3. Results and Discussion

3.1. Sample Characterization

The chalcopyrite ore was first microwave digested with aqua regia, followed by ICP-MS analyses to determine its elemental composition. As shown in

Table 3. Elemental composition of the chalcopyrite sample using the ICP-MS technique.

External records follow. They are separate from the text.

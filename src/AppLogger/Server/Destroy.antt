-- ===== src/AppLogger/Server/Destroy.antt =====
-- The end of the logger: the destructors of LogHandle and LogServer, and destroyInstance.
mod Tests
use libnebula.Prelude.{
  ℕ, zero, suc, ◌≤◌, ◌≡◌, refl, sym, ap, ◌∙◌, ◌⊎◌, inl, inr, Bool, true, false, Bool-cases,
  Option-cases, ◌&&◌, ◌||◌, not, Option, none, some, List, [], ◌∷◌, ◌==◌, if◌then◌else◌, arith,
}
use libnebula.Prelude.Int.{ℤ, pos, negsuc}
use libnebula.Text.{Bytes}
use libnebula.Thread.{set_stop_flag}
use libnebula.Thread.Flag.{set_stop_flag_lem}
use libnebula.AsyncEvent.{AsyncEvent}
use libnebula.AppLogger.LogFile.{FileHandle, Files, close_fd, is_open, destroy}
use libnebula.AppLogger.Message.{LogHandle}
use libnebula.AppLogger.Server.{LogServer, get_instance}
use libnebula.AppLogger.Server.Serve.{State}

-- How `destroyInstance` ends: it waits for ever, it calls a method on NULL, or it returns.
pub data Ending (V : Type 0) : Type 0 where
  spins null_pointer : Ending V
  returns : Option LogServer → V → Ending V

module _ {V : Type 0} (sys : Files V) (unlink : V → Bytes → V) where
  -- `~LogHandle`; the buffer is freed.
  unfoldable close_handle : LogHandle → V → V
  close_handle h v = close_fd sys h.conn_fd v

  -- `if (strlen(server_addr_.sun_path)) { unlink(server_addr_.sun_path); }`
  abbrev unlink_path : Bytes → V → V
  unlink_path [] v = v
  unlink_path (c ∷ path) v = unlink v (c ∷ path)

  -- `~AsyncEvent`; the tables are freed.
  unfoldable pub close_event_loop : AsyncEvent → V → V
  close_event_loop ae v = close_fd sys ae.epoll_fd v

  -- `~LogServer`, and then those of its members `async_event_` and `file_handle_`.
  unfoldable pub close_server : State V → V
  close_server (ae, (self, v)) =
      destroy sys self.file
        (close_event_loop ae (unlink_path self.path (close_fd sys self.domain_fd v)))

  -- `destroyInstance` for the instance that there is, or, if there is none, for `made`, which
  -- `getInstance` makes if a thread can be created, and whose ready flag reads `flags`. `join` is
  -- what the thread does until it ends, with the event loop of the object as it leaves it.
  unfoldable pub destroy_instance :
      ℕ → LogServer → Bool → (ℕ → ℕ) → (LogServer → V → State V) → Option LogServer → V → Ending V
  destroy_instance fuel made created flags join instance v =
      let self = elim instance as (λ x. LogServer) [ none ↦ made | some s ↦ s ] in
      let exists = elim instance as (λ x. Bool) [ none ↦ false | some s ↦ true ] in
      elim (get_instance fuel exists created flags) [
        | none ↦ spins
        | some there ↦ elim there [
          | false ↦ null_pointer
          | true ↦ elim (set_stop_flag 2 self.stop) [
            | none ↦ spins
            | some flag ↦ returns none (close_server (join (record self { stop = flag }) v))
          ]
        ]
      ]

-- What the system promises of the open descriptors.
pub record Closes {V : Type 0} (sys : Files V) (unlink : V → Bytes → V) (opens : V → ℕ → Bool)
    : Type 0 where
  pub closed :
      (v : V) (fd n : ℕ) → opens (sys.close v fd) n ≡ (if n == fd then false else opens v n)
  pub fsync_keeps : (v : V) (fd n : ℕ) → opens (sys.fsync v fd) n ≡ opens v n
  pub unlink_keeps : (v : V) (path : Bytes) (n : ℕ) → opens (unlink v path) n ≡ opens v n

abbrev owns : Option ℕ → ℕ → Bool
owns none n = false
owns (some fd) n = n == fd

-- Whether a field holds the descriptor.
abbrev pub holds : ℤ → ℕ → Bool
holds (pos fd) n = n == fd
holds (negsuc k) n = false

-- The same for the file of the log, where 0 is no descriptor.
abbrev pub holds_file : ℤ → ℕ → Bool
holds_file (pos zero) n = false
holds_file (pos (suc fd)) n = n == suc fd
holds_file (negsuc k) n = false

module _ {V : Type 0} (sys : Files V) (unlink : V → Bytes → V) (opens : V → ℕ → Bool)
    (law : Closes sys unlink opens) where
  close_fd-opens :
      (fd : ℤ) (v : V) (n : ℕ)
      → opens (close_fd sys fd v) n ≡ (if holds fd n then false else opens v n)
  close_fd-opens (pos fd) v n = law.closed v fd n
  close_fd-opens (negsuc k) v n = refl

  unlink_path-opens :
      (path : Bytes) (v : V) (n : ℕ) → opens (unlink_path sys unlink path v) n ≡ opens v n
  unlink_path-opens [] v n = refl
  unlink_path-opens (c ∷ path) v n = law.unlink_keeps v (c ∷ path) n

  flushed-opens :
      (b : Bool) (fd : ℕ) (v : V) (n : ℕ) → opens (if b then sys.fsync v fd else v) n ≡ opens v n
  flushed-opens true fd v n = law.fsync_keeps v fd n
  flushed-opens false fd v n = refl

  destroy-opens :
      (h : FileHandle) (v : V) (n : ℕ)
      → opens (destroy sys h v) n ≡ (if owns (is_open sys h.fd) n then false else opens v n)
  unfolding destroy
  destroy-opens h v n = elim (Option-cases (is_open sys h.fd)) [
    | inl e ↦ rw (e, destroy) refl
    | inr (fd, e) ↦
        let flush = not (h.path_len == 0) && not (h.num_write == 0) in
        rw (e, destroy)
          (law.closed (if flush then sys.fsync v fd else v) fd n
            ∙ ap (λ b. if n == fd then false else b) (flushed-opens flush fd v n))
  ]

  -- Closing one after the other.
  closed_three :
      (a b c d : Bool)
      → (if a then false else if b then false else if c then false else d)
        ≡ (if c || b || a then false else d)
  closed_three a b c d = ground arith

  close_server-opens :
      (ae : AsyncEvent) (self : LogServer) (v : V) (n : ℕ)
      → opens (close_server sys unlink (ae, (self, v))) n ≡ (
          if holds self.domain_fd n || holds ae.epoll_fd n || owns (is_open sys self.file.fd) n
          then false
          else opens v n)
  unfolding close_server close_event_loop
  close_server-opens ae self v n =
      let a = owns (is_open sys self.file.fd) n in
      let v1 = close_fd sys self.domain_fd v in
      let v2 = unlink_path sys unlink self.path v1 in
      let rest = unlink_path-opens self.path v1 n ∙ close_fd-opens self.domain_fd v n in
      destroy-opens self.file (close_fd sys ae.epoll_fd v2) n
      ∙ ap (λ b. if a then false else b)
          (close_fd-opens ae.epoll_fd v2 n
            ∙ ap (λ b. if holds ae.epoll_fd n then false else b) rest)
      ∙ closed_three a (holds ae.epoll_fd n) (holds self.domain_fd n) (opens v n)

  owns-holds_file : (fd : ℤ) (n : ℕ) → owns (is_open sys fd) n ≡ holds_file fd n
  owns-holds_file (pos zero) n = refl
  owns-holds_file (pos (suc fd)) n = refl
  owns-holds_file (negsuc k) n = refl

  -- Where close alone closes a descriptor, destroyInstance with an instance whose stop flag is 0 or
  -- 1 sets the flag, waits for the thread, and returns with no instance; what is open then is what
  -- the thread left open, less the socket of the server, the descriptor of epoll of its event loop,
  -- and its file, unless that is descriptor 0. Without an instance getInstance makes one first:
  -- where no thread can be created destroyInstance calls a method on NULL, and where getInstance
  -- does not return it does not either.
  pub destroy_instance_lem :
      (fuel : ℕ) (made self : LogServer) (created : Bool) (flags : ℕ → ℕ)
      (join : LogServer → V → State V) (v : V)
      → self.stop ≤ 1
      → let (ae', (self', v')) = join (record self { stop = 1 }) v in
        (v2 : V) × (destroy_instance sys unlink fuel made created flags join (some self) v
          ≡ returns none v2)
        × ((n : ℕ)
            → opens v2 n ≡ (
                if holds self'.domain_fd n || holds ae'.epoll_fd n || holds_file self'.file.fd n
                then false
                else opens v' n))
        × (destroy_instance sys unlink fuel made false flags join none v ≡ null_pointer)
        × (get_instance fuel false true flags ≡ none
            → destroy_instance sys unlink fuel made true flags join none v ≡ spins)
  unfolding destroy_instance get_instance
  destroy_instance_lem fuel made self created flags join v small =
      let (ae', (self', v')) = join (record self { stop = 1 }) v in
      let flag = (set_stop_flag_lem 0 self.stop small).0 in
      (
        close_server sys unlink (ae', (self', v')),
        rw (flag, destroy_instance) refl,
        λ n.
            close_server-opens ae' self' v' n
            ∙ ap
                (λ b.
                  if holds self'.domain_fd n || holds ae'.epoll_fd n || b
                  then false
                  else opens v' n)
                (owns-holds_file self'.file.fd n),
        refl,
        λ e. rw (e, destroy_instance) refl,
      )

Elements	Concentration (%)			Elements	Concentration (PPM)
	Test 1	Test 2	Average		Test 1	Test 2	Average
Al	4.02	4.37	4.20	Mo	467.55	281.47	374.51
Si	18.63	17.70	18.18	Mn	85.80	88.86	87.33
Cu	0.80	0.85	0.81
Fe	2.54	2.64	2.60

, the analysis revealed that copper (Cu), a primary component of chalcopyrite, was present at an average concentration of 8147.09 ppm, which is significant due to copper’s economic value and its role in metallurgical processes. Additionally, elements such as iron (Fe), silicon (Si), and aluminum (Al) were detected in considerable amounts, reflecting the complex mineral composition of the ore. Trace elements, including molybdenum and cerium (Ce), were also present, indicating the presence of rare and industrially important metals. The data from ICP-MS provide valuable insight into the elemental composition of the chalcopyrite ore and its potential processing strategies. Besides, the F80 of the chalcopyrite ore sample, representing the particle size at which 80% of the material passes through the sieve, was determined using the wet sieving technique. This method ensures accurate measurement of particle size distribution by preventing agglomeration and providing consistent results. The F80 was found to be approximately 2546 microns, as depicted in Figure 3.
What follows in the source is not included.